Your instructions: Range to output from the entries below: the line containing "lookup k ((j, a)" through the line containing "inl e ↦ rw e d". Set it down exactly, ends included, nothing else.

Given records:
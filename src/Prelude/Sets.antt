-- ===== src/Prelude/Sets.antt =====
-- `HashSet` over identifiers, as lists without an order that matters, and `HashMap` as association
-- lists in some order of iteration. A `TypeId` is a number: the sources only compare it.
use Prim.Native.Nat.{ℕ, ◌<◌, ◌≤◌}
use mathlib.Core.Path.{◌≡◌, refl, sym, ap, ◌∙◌}
use mathlib.Core.Logic.{inl, inr}
use mathlib.Core.Bool.{Bool, true, false, not, ◌||◌}
use mathlib.Core.List.{List, [], ◌∷◌, map}
use mathlib.Core.Option.{Option, none, some}
use native.Mathlib.Omega.{arith}
use nivasa.Prelude.Tests.{==_iff, some-injective, ◌==◌, if◌then◌else◌, is_some, Bool-cases}
use nivasa.Prelude.Lists.{length, keep, All}

-- `contains`.
abbrev pub mem : ℕ → List ℕ → Bool
mem x [] = false
mem x (y ∷ ys) = y == x || mem x ys

-- `HashSet::insert`.
abbrev pub insert_set : ℕ → List ℕ → List ℕ
insert_set x xs = if mem x xs then xs else x ∷ xs

-- `HashSet::remove`.
abbrev pub remove_set : ℕ → List ℕ → List ℕ
remove_set x [] = []
remove_set x (y ∷ ys) = let rest = remove_set x ys in if y == x then rest else y ∷ rest

pub remove_set_fresh : (x : ℕ) (xs : List ℕ) → mem x xs ≡ false → remove_set x xs ≡ xs
remove_set_fresh x [] h = refl
remove_set_fresh x (y ∷ ys) h = ground (arith, remove_set_fresh x ys)

pub remove_set_head : (x : ℕ) (xs : List ℕ) → mem x xs ≡ false → remove_set x (x ∷ xs) ≡ xs
remove_set_head x xs h = ground (arith, remove_set_fresh x xs h)

-- No identifier stands in the list twice.
abbrev pub IsDistinct : List ℕ → Type 0
IsDistinct [] = Unit
IsDistinct (x ∷ xs) = (mem x xs ≡ false) × IsDistinct xs

module _ {ℓ} {A : Type ℓ} where
  -- `HashMap::get`.
  abbrev pub lookup : ℕ → List (ℕ × A) → Option A
  lookup k [] = none
  lookup k ((j, a) ∷ m) = if j == k then some a else lookup k m

  -- `HashMap::insert`.
  abbrev pub insert_map : ℕ → A → List (ℕ × A) → List (ℕ × A)
  insert_map k a [] = (k, a) ∷ []
  insert_map k a ((j, b) ∷ m) = if j == k then (k, a) ∷ m else (j, b) ∷ insert_map k a m

  abbrev pub keys : List (ℕ × A) → List ℕ
  keys m = map (λ entry. entry.0) m

  pub mem-keys : (k : ℕ) (m : List (ℕ × A)) → mem k (keys m) ≡ is_some (lookup k m)
  mem-keys k [] = refl
  mem-keys k ((j, a) ∷ m) = ground (arith, mem-keys k m)

  pub lookup-insert_map :
      (k j : ℕ) (a : A) (m : List (ℕ × A))
      → lookup j (insert_map k a m) ≡ (if k == j then some a else lookup j m)
  lookup-insert_map k j a [] = refl
  lookup-insert_map k j a ((i, b) ∷ m) = ground (arith, lookup-insert_map k j a m)

module _ {ℓ} {A : Type ℓ} where
  -- `HashMap::remove`.
  abbrev pub remove_map : ℕ → List (ℕ × A) → List (ℕ × A)
  remove_map k [] = []
  remove_map k ((j, a) ∷ m) = let rest = remove_map k m in if j == k then m else (j, a) ∷ rest

  -- `HashMap::get_mut`, and a change of what it finds.
  abbrev pub adjust_map : ℕ → (A → A) → List (ℕ × A) → List (ℕ × A)
  adjust_map k f [] = []
  adjust_map k f ((j, a) ∷ m) =
      let rest = adjust_map k f m in if j == k then (j, f a) ∷ m else (j, a) ∷ rest

  pub keys-adjust_map : (k : ℕ) (f : A → A) (m : List (ℕ × A)) → keys (adjust_map k f m) ≡ keys m
  keys-adjust_map k f [] = refl
  keys-adjust_map k f ((j, a) ∷ m) = elim (Bool-cases (j == k)) [
    | inl h ↦ rw h refl
    | inr h ↦ rw h (ap (λ js. j ∷ js) (keys-adjust_map k f m))
  ]

  mem-keys-remove_map :
      (k x : ℕ) (m : List (ℕ × A)) → mem x (keys m) ≡ false → mem x (keys (remove_map k m)) ≡ false
  mem-keys-remove_map k x [] h = refl
  mem-keys-remove_map k x ((j, a) ∷ m) h = elim (Bool-cases (j == k)) [
    | inl e ↦ rw e (ground arith)
    | inr e ↦ rw e (ground (arith, mem-keys-remove_map k x m))
  ]

  pub IsDistinct-remove_map :
      (k : ℕ) (m : List (ℕ × A)) → IsDistinct (keys m) → IsDistinct (keys (remove_map k m))
  IsDistinct-remove_map k [] d = tt
  IsDistinct-remove_map k ((j, a) ∷ m) (n, d) = elim (Bool-cases (j == k)) [
    | inl e ↦ rw e d
    | inr e ↦ rw e (mem-keys-remove_map k j m n, IsDistinct-remove_map k m d)
  ]

  -- Removing what was changed is removing.
  pub remove_map-adjust_map :
      (k : ℕ) (f : A → A) (m : List (ℕ × A)) → remove_map k (adjust_map k f m) ≡ remove_map k m
  remove_map-adjust_map k f [] = refl
  remove_map-adjust_map k f ((j, a) ∷ m) = elim (Bool-cases (j == k)) [
    | inl h ↦ rw h (rw h refl)
    | inr h ↦ rw h (rw h (ap (λ l. (j, a) ∷ l) (remove_map-adjust_map k f m)))
  ]

-- How many of the listed identifiers are outside the set.
abbrev pub count_outside : List ℕ → List ℕ → ℕ
count_outside xs set = length (keep (λ x. not (mem x set)) xs)

pub count_outside-le : (xs set : List ℕ) (c : ℕ) → count_outside xs (c ∷ set) ≤ count_outside xs set
count_outside-le [] set c = omega arith
count_outside-le (x ∷ xs) set c = ground (arith, count_outside-le xs set c)

-- Adding a listed identifier that was outside makes the count smaller.
pub count_outside-lt :
    (xs set : List ℕ) (c : ℕ)
    → mem c xs ≡ true
    → mem c set ≡ false
    → count_outside xs (c ∷ set) < count_outside xs set
count_outside-lt [] set c h n = cc
count_outside-lt (x ∷ xs) set c h n =
    ground (arith, count_outside-le xs set c, count_outside-lt xs set c)

module _ {ℓ} {A : Type ℓ} where
  pub lookup-remove_map :
      (k j : ℕ) (m : List (ℕ × A)) → (k == j) ≡ false → lookup j (remove_map k m) ≡ lookup j m
  lookup-remove_map k j [] differ = refl
  lookup-remove_map k j ((i, a) ∷ m) differ = elim (Bool-cases (i == k)) [
    | inl e ↦ rw e (ground arith)
    | inr e ↦ rw e (ground (arith, lookup-remove_map k j m differ))
  ]

  pub lookup-adjust_map :
      (k j : ℕ) (f : A → A) (m : List (ℕ × A)) (a : A)
      → lookup j m ≡ some a
      → lookup j (adjust_map k f m) ≡ some (if k == j then f a else a)
  lookup-adjust_map k j f [] a here = cc
  lookup-adjust_map k j f ((i, b) ∷ m) a here = elim (Bool-cases (i == j)) [
    | inl e ↦
        let same : b ≡ a = some-injective (rw e at here) in
        elim (Bool-cases (i == k)) [
          | inl h ↦ rw h (rw e (rw (equal i k j h e) (ap (λ x. some (f x)) same)))
          | inr h ↦ rw h (rw e (rw (apart i k j h e) (ap (λ x. some x) same)))
        ]
    | inr e ↦ elim (Bool-cases (i == k)) [
      | inl h ↦ rw h (rw e (rw (other i k j h e) (rw e at here)))
      | inr h ↦ rw h (rw e (lookup-adjust_map k j f m a (rw e at here)))
    ]
  ]
    where
      equal : (i k j : ℕ) → (i == k) ≡ true → (i == j) ≡ true → (k == j) ≡ true
      equal i k j h e = ground arith

      apart : (i k j : ℕ) → (i == k) ≡ false → (i == j) ≡ true → (k == j) ≡ false
      apart i k j h e = ground arith

      other : (i k j : ℕ) → (i == k) ≡ true → (i == j) ≡ false → (k == j) ≡ false
      other i k j h e = ground arith

  pub mem-keys-insert_map :
      (x k : ℕ) (a : A) (m : List (ℕ × A))
      → mem x (keys (insert_map k a m)) ≡ (k == x || mem x (keys m))
  mem-keys-insert_map x k a [] = refl
  mem-keys-insert_map x k a ((j, b) ∷ m) = elim (Bool-cases (j == k)) [
    | inl e ↦ rw e (twice e)
    | inr e ↦ rw e (ground (arith, mem-keys-insert_map x k a m))
  ]
    where
      twice : (j == k) ≡ true → (k == x || mem x (keys m)) ≡ (k == x || (j == x || mem x (keys m)))
      twice e = ground arith

  -- Inserting keeps the keys distinct.
  pub IsDistinct-insert_map :
      (k : ℕ) (a : A) (m : List (ℕ × A))
      → IsDistinct (keys m)
      → IsDistinct (keys (insert_map k a m))
  IsDistinct-insert_map k a [] d = (refl, tt)
  IsDistinct-insert_map k a ((j, b) ∷ m) (fresh, d) = elim (Bool-cases (j == k)) [
    | inl e ↦ rw e (moved e, d)
    | inr e ↦ rw e (still e, IsDistinct-insert_map k a m d)
  ]
    where
      moved : (j == k) ≡ true → mem k (keys m) ≡ false
      moved e = ap (λ x. mem x (keys m)) (sym ((==_iff j k).0 e)) ∙ fresh

      still : (j == k) ≡ false → mem j (keys (insert_map k a m)) ≡ false
      still e = mem-keys-insert_map j k a m ∙ ground arith

pub All-insert_map {ℓ κ} :
    {A : Type ℓ} (P : ℕ × A → Type κ) (k : ℕ) (a : A) (m : List (ℕ × A))
    → P (k, a)
    → All P m
    → All P (insert_map k a m)
All-insert_map P k a [] p h = (p, tt)
All-insert_map P k a ((j, b) ∷ m) p (q, h) = elim (Bool-cases (j == k)) [
  | inl e ↦ rw e (p, h)
  | inr e ↦ rw e (q, All-insert_map P k a m p h)
]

Answer below:
  lookup k ((j, a) ∷ m) = if j == k then some a else lookup k m

  -- `HashMap::insert`.
  abbrev pub insert_map : ℕ → A → List (ℕ × A) → List (ℕ × A)
  insert_map k a [] = (k, a) ∷ []
  insert_map k a ((j, b) ∷ m) = if j == k then (k, a) ∷ m else (j, b) ∷ insert_map k a m

  abbrev pub keys : List (ℕ × A) → List ℕ
  keys m = map (λ entry. entry.0) m

  pub mem-keys : (k : ℕ) (m : List (ℕ × A)) → mem k (keys m) ≡ is_some (lookup k m)
  mem-keys k [] = refl
  mem-keys k ((j, a) ∷ m) = ground (arith, mem-keys k m)

  pub lookup-insert_map :
      (k j : ℕ) (a : A) (m : List (ℕ × A))
      → lookup j (insert_map k a m) ≡ (if k == j then some a else lookup j m)
  lookup-insert_map k j a [] = refl
  lookup-insert_map k j a ((i, b) ∷ m) = ground (arith, lookup-insert_map k j a m)

module _ {ℓ} {A : Type ℓ} where
  -- `HashMap::remove`.
  abbrev pub remove_map : ℕ → List (ℕ × A) → List (ℕ × A)
  remove_map k [] = []
  remove_map k ((j, a) ∷ m) = let rest = remove_map k m in if j == k then m else (j, a) ∷ rest

  -- `HashMap::get_mut`, and a change of what it finds.
  abbrev pub adjust_map : ℕ → (A → A) → List (ℕ × A) → List (ℕ × A)
  adjust_map k f [] = []
  adjust_map k f ((j, a) ∷ m) =
      let rest = adjust_map k f m in if j == k then (j, f a) ∷ m else (j, a) ∷ rest

  pub keys-adjust_map : (k : ℕ) (f : A → A) (m : List (ℕ × A)) → keys (adjust_map k f m) ≡ keys m
  keys-adjust_map k f [] = refl
  keys-adjust_map k f ((j, a) ∷ m) = elim (Bool-cases (j == k)) [
    | inl h ↦ rw h refl
    | inr h ↦ rw h (ap (λ js. j ∷ js) (keys-adjust_map k f m))
  ]

  mem-keys-remove_map :
      (k x : ℕ) (m : List (ℕ × A)) → mem x (keys m) ≡ false → mem x (keys (remove_map k m)) ≡ false
  mem-keys-remove_map k x [] h = refl
  mem-keys-remove_map k x ((j, a) ∷ m) h = elim (Bool-cases (j == k)) [
    | inl e ↦ rw e (ground arith)
    | inr e ↦ rw e (ground (arith, mem-keys-remove_map k x m))
  ]

  pub IsDistinct-remove_map :
      (k : ℕ) (m : List (ℕ × A)) → IsDistinct (keys m) → IsDistinct (keys (remove_map k m))
  IsDistinct-remove_map k [] d = tt
  IsDistinct-remove_map k ((j, a) ∷ m) (n, d) = elim (Bool-cases (j == k)) [
    | inl e ↦ rw e d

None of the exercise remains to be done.